(Source data)

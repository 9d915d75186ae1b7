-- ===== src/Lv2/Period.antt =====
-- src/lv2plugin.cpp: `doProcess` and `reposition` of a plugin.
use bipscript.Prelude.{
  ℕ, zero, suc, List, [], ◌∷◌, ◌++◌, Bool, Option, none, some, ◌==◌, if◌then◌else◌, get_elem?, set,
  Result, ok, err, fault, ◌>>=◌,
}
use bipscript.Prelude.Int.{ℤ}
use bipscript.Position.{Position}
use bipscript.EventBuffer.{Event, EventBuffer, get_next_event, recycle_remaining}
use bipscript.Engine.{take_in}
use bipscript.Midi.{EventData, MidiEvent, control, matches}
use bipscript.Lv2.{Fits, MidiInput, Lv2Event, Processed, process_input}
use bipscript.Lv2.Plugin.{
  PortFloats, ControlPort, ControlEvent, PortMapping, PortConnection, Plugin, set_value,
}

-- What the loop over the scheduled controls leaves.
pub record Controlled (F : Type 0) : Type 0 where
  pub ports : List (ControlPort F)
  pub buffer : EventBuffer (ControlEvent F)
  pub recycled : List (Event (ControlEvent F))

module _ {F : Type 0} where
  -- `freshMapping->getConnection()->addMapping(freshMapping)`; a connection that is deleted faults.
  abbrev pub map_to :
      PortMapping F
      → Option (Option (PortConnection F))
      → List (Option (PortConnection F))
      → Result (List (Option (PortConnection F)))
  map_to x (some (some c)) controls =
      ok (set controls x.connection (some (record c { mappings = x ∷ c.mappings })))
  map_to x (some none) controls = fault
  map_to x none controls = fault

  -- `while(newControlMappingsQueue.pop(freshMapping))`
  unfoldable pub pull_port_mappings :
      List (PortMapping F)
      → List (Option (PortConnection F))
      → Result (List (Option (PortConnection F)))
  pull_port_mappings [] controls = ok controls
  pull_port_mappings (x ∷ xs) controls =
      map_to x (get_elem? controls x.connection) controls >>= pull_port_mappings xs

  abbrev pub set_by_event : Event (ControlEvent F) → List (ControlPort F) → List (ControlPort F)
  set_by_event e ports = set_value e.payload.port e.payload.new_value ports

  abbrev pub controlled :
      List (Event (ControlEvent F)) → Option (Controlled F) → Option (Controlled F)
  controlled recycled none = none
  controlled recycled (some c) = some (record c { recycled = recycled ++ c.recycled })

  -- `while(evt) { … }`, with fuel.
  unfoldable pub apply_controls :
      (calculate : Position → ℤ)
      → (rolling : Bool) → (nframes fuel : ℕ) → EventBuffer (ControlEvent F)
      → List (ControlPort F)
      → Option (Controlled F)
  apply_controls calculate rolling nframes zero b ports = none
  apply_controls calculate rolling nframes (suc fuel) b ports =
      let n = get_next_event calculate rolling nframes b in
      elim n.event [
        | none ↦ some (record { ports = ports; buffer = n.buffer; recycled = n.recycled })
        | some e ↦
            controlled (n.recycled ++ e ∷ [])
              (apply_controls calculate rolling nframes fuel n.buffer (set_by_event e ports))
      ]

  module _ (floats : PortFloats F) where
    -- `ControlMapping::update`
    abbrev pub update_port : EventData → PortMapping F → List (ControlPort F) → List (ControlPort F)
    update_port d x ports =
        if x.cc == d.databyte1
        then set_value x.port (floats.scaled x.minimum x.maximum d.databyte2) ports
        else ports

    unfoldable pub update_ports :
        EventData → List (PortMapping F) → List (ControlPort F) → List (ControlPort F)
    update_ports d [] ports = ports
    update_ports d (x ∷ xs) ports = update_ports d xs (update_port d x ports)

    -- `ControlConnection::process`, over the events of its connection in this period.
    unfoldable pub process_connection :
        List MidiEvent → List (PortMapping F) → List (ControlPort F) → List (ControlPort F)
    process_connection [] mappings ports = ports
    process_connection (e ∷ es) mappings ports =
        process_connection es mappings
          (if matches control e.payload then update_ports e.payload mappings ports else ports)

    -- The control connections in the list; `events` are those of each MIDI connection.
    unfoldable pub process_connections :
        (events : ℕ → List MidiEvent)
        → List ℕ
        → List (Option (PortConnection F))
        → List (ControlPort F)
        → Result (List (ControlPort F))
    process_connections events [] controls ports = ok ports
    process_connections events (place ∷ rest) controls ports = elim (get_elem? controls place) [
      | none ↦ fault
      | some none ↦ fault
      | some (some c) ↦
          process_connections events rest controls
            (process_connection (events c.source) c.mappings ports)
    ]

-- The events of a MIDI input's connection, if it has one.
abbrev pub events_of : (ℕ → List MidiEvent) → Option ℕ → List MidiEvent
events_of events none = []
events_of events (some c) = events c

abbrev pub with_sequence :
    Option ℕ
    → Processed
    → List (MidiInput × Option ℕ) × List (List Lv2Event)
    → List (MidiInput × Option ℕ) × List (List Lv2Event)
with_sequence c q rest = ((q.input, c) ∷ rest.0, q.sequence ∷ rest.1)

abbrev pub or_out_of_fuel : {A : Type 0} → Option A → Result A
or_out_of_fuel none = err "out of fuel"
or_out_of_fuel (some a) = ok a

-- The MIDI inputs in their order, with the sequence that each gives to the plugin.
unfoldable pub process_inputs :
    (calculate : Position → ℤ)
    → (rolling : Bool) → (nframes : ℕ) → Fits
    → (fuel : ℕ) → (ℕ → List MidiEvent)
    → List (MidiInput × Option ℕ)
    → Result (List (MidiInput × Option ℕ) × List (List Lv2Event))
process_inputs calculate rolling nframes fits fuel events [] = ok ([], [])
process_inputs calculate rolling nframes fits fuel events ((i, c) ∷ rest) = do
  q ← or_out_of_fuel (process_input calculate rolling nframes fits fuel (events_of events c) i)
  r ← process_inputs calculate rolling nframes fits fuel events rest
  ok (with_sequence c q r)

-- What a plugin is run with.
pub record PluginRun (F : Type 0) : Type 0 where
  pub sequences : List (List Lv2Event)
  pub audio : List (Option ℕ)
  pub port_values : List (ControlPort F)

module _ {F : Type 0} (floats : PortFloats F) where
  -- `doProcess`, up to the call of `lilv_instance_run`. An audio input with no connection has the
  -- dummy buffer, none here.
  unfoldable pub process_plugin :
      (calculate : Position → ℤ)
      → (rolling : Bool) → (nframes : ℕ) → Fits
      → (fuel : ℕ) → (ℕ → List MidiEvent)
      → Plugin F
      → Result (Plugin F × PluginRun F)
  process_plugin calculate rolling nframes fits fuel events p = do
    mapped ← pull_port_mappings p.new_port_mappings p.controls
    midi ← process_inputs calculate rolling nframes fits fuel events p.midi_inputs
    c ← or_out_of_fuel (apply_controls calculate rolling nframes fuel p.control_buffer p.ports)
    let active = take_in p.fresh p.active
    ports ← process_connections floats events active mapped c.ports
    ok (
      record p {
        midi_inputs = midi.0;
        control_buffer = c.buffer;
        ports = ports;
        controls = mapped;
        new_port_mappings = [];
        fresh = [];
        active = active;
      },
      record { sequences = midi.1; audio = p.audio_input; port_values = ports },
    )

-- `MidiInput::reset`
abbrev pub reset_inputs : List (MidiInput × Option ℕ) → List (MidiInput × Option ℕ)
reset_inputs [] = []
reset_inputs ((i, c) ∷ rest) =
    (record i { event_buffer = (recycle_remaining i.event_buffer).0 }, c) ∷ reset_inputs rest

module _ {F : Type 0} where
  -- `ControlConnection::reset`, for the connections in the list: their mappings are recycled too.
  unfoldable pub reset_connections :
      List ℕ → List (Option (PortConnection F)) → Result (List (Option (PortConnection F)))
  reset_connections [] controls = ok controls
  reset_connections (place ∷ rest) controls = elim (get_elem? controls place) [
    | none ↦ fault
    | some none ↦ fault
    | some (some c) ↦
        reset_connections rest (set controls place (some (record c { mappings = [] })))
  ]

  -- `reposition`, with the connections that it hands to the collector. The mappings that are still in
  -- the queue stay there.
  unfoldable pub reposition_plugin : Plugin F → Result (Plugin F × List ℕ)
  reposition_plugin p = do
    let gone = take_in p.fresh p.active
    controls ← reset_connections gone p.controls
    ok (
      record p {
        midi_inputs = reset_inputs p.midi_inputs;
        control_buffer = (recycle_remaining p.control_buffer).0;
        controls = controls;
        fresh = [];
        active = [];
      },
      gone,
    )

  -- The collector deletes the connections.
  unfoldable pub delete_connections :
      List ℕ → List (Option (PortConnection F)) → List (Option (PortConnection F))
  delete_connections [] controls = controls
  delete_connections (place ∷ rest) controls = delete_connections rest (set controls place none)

(End Source data)
(Source data)

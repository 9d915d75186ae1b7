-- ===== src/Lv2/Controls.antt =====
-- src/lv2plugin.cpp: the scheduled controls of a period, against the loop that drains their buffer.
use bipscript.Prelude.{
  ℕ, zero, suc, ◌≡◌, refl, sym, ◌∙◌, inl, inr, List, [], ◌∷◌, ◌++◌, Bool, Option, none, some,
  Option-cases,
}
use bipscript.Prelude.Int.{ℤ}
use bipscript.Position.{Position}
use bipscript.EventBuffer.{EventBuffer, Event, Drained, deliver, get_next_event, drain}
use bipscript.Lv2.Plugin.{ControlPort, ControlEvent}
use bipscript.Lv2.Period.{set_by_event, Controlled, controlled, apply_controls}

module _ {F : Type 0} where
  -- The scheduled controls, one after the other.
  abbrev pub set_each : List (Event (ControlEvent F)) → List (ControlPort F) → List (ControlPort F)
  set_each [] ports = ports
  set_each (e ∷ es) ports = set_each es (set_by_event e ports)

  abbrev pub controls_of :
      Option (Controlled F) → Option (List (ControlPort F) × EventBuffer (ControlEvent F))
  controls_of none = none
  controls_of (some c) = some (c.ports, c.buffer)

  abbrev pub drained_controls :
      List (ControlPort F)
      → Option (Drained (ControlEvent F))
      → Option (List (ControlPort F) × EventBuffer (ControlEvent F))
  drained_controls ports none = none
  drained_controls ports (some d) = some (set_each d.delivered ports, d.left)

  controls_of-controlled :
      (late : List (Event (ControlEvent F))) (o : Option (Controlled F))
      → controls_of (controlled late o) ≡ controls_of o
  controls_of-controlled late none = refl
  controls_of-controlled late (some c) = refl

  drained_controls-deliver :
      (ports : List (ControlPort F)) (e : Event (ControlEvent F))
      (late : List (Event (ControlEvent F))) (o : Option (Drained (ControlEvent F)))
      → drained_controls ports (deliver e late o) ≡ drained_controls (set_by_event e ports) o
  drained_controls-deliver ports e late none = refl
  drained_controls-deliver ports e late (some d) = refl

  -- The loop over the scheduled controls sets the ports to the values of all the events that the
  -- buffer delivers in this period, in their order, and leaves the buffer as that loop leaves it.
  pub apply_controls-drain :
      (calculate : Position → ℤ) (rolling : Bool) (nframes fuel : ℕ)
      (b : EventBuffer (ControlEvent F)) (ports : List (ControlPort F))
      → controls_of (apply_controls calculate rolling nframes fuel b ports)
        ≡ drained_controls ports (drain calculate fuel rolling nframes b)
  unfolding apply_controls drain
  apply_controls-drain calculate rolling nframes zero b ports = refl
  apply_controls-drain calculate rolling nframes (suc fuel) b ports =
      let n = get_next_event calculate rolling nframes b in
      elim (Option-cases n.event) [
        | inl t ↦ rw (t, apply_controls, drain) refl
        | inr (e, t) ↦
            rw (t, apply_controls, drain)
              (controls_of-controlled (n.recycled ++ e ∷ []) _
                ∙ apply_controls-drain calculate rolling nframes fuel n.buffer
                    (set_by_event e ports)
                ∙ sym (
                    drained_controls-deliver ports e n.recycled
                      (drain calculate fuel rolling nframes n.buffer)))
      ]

(End Source data)
(Source data)

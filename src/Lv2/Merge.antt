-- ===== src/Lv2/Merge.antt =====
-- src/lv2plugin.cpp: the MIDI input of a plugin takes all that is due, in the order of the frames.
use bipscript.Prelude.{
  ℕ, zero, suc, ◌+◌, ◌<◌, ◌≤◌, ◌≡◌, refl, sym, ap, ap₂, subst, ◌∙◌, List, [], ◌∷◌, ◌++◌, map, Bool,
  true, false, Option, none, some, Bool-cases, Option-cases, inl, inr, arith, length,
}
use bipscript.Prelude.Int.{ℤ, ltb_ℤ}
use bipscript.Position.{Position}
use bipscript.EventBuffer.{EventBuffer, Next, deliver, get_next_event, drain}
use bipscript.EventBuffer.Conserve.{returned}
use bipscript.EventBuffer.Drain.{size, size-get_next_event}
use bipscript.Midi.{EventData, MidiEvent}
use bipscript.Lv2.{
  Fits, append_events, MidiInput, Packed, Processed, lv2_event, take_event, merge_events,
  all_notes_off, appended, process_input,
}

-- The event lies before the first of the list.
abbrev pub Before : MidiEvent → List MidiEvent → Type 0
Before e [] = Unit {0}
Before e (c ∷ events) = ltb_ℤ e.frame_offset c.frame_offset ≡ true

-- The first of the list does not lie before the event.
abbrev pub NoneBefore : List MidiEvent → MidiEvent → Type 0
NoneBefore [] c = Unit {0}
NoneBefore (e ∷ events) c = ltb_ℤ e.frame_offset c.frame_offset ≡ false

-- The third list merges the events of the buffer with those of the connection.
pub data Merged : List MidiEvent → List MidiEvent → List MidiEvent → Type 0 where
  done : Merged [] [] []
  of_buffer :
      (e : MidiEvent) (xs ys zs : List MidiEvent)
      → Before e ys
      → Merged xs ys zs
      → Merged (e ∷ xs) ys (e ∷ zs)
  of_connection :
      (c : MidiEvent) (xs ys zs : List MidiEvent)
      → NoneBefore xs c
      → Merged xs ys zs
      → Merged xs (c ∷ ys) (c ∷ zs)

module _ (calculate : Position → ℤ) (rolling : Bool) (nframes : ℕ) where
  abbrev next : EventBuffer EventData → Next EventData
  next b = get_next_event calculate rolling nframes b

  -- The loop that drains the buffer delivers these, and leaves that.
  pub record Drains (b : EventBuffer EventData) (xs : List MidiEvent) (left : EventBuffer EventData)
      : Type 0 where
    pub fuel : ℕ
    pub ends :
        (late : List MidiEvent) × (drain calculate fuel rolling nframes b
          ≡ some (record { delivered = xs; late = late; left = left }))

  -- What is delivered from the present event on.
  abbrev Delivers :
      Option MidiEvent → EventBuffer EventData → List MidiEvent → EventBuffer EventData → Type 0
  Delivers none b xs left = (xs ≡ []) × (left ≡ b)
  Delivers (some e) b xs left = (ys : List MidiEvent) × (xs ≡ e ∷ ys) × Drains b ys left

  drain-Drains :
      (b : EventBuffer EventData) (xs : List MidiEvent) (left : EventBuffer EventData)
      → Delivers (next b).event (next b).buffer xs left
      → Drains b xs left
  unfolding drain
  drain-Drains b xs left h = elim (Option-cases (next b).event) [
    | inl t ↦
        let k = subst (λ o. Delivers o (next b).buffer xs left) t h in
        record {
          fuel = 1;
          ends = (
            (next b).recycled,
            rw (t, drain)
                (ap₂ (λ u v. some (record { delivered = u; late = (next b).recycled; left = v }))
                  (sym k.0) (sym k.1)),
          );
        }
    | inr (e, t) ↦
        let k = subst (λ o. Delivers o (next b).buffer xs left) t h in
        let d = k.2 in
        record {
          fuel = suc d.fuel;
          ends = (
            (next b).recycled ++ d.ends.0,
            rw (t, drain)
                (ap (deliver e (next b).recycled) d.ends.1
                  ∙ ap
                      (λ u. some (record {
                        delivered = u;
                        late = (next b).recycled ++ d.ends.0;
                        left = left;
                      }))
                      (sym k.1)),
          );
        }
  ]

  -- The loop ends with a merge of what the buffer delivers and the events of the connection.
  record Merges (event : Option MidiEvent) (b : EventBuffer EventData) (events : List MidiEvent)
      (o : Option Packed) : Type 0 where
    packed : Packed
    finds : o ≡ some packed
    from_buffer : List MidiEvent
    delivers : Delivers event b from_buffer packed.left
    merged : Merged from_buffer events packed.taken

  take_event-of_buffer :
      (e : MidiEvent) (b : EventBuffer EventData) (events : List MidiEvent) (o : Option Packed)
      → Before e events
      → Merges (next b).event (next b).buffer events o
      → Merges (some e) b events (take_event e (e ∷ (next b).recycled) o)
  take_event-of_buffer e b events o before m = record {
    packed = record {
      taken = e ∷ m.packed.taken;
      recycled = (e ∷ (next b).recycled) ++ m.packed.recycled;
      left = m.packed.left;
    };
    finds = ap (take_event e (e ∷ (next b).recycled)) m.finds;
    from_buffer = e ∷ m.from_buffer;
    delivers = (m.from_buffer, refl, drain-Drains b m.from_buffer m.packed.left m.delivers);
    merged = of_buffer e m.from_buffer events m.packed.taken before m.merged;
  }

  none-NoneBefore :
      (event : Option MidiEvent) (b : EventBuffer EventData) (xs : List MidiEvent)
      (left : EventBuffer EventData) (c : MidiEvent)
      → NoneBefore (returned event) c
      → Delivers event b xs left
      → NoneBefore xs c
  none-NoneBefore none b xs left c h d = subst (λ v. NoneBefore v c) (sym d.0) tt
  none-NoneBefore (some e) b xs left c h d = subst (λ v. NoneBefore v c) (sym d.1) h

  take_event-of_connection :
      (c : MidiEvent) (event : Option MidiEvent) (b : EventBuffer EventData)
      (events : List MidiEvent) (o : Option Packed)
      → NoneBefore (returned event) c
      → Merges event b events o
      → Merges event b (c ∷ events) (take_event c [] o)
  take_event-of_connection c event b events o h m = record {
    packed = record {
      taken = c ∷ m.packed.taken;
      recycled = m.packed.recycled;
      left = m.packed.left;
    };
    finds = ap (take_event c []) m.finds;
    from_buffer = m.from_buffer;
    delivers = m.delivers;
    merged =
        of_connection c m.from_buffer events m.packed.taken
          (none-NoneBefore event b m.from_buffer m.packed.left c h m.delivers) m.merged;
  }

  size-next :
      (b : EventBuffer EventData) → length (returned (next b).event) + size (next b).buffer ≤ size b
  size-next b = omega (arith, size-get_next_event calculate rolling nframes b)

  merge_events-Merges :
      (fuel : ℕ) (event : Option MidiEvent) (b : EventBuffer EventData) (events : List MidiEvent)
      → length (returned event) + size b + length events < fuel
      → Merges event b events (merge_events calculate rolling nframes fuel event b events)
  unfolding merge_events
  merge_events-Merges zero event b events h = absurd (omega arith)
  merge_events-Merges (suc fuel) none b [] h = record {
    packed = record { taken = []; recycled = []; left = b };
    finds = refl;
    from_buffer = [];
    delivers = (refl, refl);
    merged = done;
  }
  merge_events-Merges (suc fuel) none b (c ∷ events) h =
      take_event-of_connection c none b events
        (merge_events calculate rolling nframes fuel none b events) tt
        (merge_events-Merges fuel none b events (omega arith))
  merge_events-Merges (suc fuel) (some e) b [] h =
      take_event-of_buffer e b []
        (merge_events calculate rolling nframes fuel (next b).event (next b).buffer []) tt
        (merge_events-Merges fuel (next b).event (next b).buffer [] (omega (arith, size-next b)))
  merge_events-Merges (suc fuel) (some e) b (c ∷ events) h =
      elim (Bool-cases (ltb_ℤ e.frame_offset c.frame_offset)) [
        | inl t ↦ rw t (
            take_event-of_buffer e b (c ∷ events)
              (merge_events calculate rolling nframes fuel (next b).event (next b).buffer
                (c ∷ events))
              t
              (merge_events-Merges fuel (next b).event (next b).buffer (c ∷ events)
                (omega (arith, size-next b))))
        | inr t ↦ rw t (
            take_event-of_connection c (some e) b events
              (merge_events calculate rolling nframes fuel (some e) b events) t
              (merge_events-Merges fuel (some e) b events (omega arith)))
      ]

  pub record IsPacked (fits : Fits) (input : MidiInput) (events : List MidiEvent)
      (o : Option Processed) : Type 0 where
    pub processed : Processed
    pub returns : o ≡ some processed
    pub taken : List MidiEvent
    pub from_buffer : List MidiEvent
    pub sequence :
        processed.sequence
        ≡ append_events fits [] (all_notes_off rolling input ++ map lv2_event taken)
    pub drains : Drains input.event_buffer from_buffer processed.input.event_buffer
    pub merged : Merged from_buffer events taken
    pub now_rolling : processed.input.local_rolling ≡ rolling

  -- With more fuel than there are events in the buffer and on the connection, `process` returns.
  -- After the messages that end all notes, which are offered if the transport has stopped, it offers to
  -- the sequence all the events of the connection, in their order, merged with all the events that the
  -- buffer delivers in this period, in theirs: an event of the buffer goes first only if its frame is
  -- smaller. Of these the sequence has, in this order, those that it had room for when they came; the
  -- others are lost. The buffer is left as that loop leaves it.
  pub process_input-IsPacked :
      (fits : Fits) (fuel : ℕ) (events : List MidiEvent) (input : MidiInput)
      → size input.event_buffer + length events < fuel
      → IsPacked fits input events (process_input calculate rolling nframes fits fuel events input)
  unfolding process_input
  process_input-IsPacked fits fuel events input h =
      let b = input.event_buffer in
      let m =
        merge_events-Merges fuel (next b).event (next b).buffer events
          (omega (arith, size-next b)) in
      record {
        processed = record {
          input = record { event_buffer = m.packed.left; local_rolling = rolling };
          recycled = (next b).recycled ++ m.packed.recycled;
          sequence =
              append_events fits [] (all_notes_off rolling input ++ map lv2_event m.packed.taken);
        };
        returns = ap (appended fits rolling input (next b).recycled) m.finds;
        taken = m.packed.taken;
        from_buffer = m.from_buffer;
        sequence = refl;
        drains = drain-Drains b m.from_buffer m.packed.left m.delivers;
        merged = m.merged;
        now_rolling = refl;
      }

(End Source data)

▸ Task requirements
Review the material and copy each line in which the word "that" appears.

▸ Solution for this task
  -- `freshMapping->getConnection()->addMapping(freshMapping)`; a connection that is deleted faults.
-- The MIDI inputs in their order, with the sequence that each gives to the plugin.
  -- `reposition`, with the connections that it hands to the collector. The mappings that are still in
-- src/lv2plugin.cpp: the scheduled controls of a period, against the loop that drains their buffer.
  -- The loop over the scheduled controls sets the ports to the values of all the events that the
  -- buffer delivers in this period, in their order, and leaves the buffer as that loop leaves it.
-- src/lv2plugin.cpp: the MIDI input of a plugin takes all that is due, in the order of the frames.
  -- The loop that drains the buffer delivers these, and leaves that.
  -- After the messages that end all notes, which are offered if the transport has stopped, it offers to
  -- the sequence all the events of the connection, in their order, merged with all the events that the
  -- smaller. Of these the sequence has, in this order, those that it had room for when they came; the
  -- others are lost. The buffer is left as that loop leaves it.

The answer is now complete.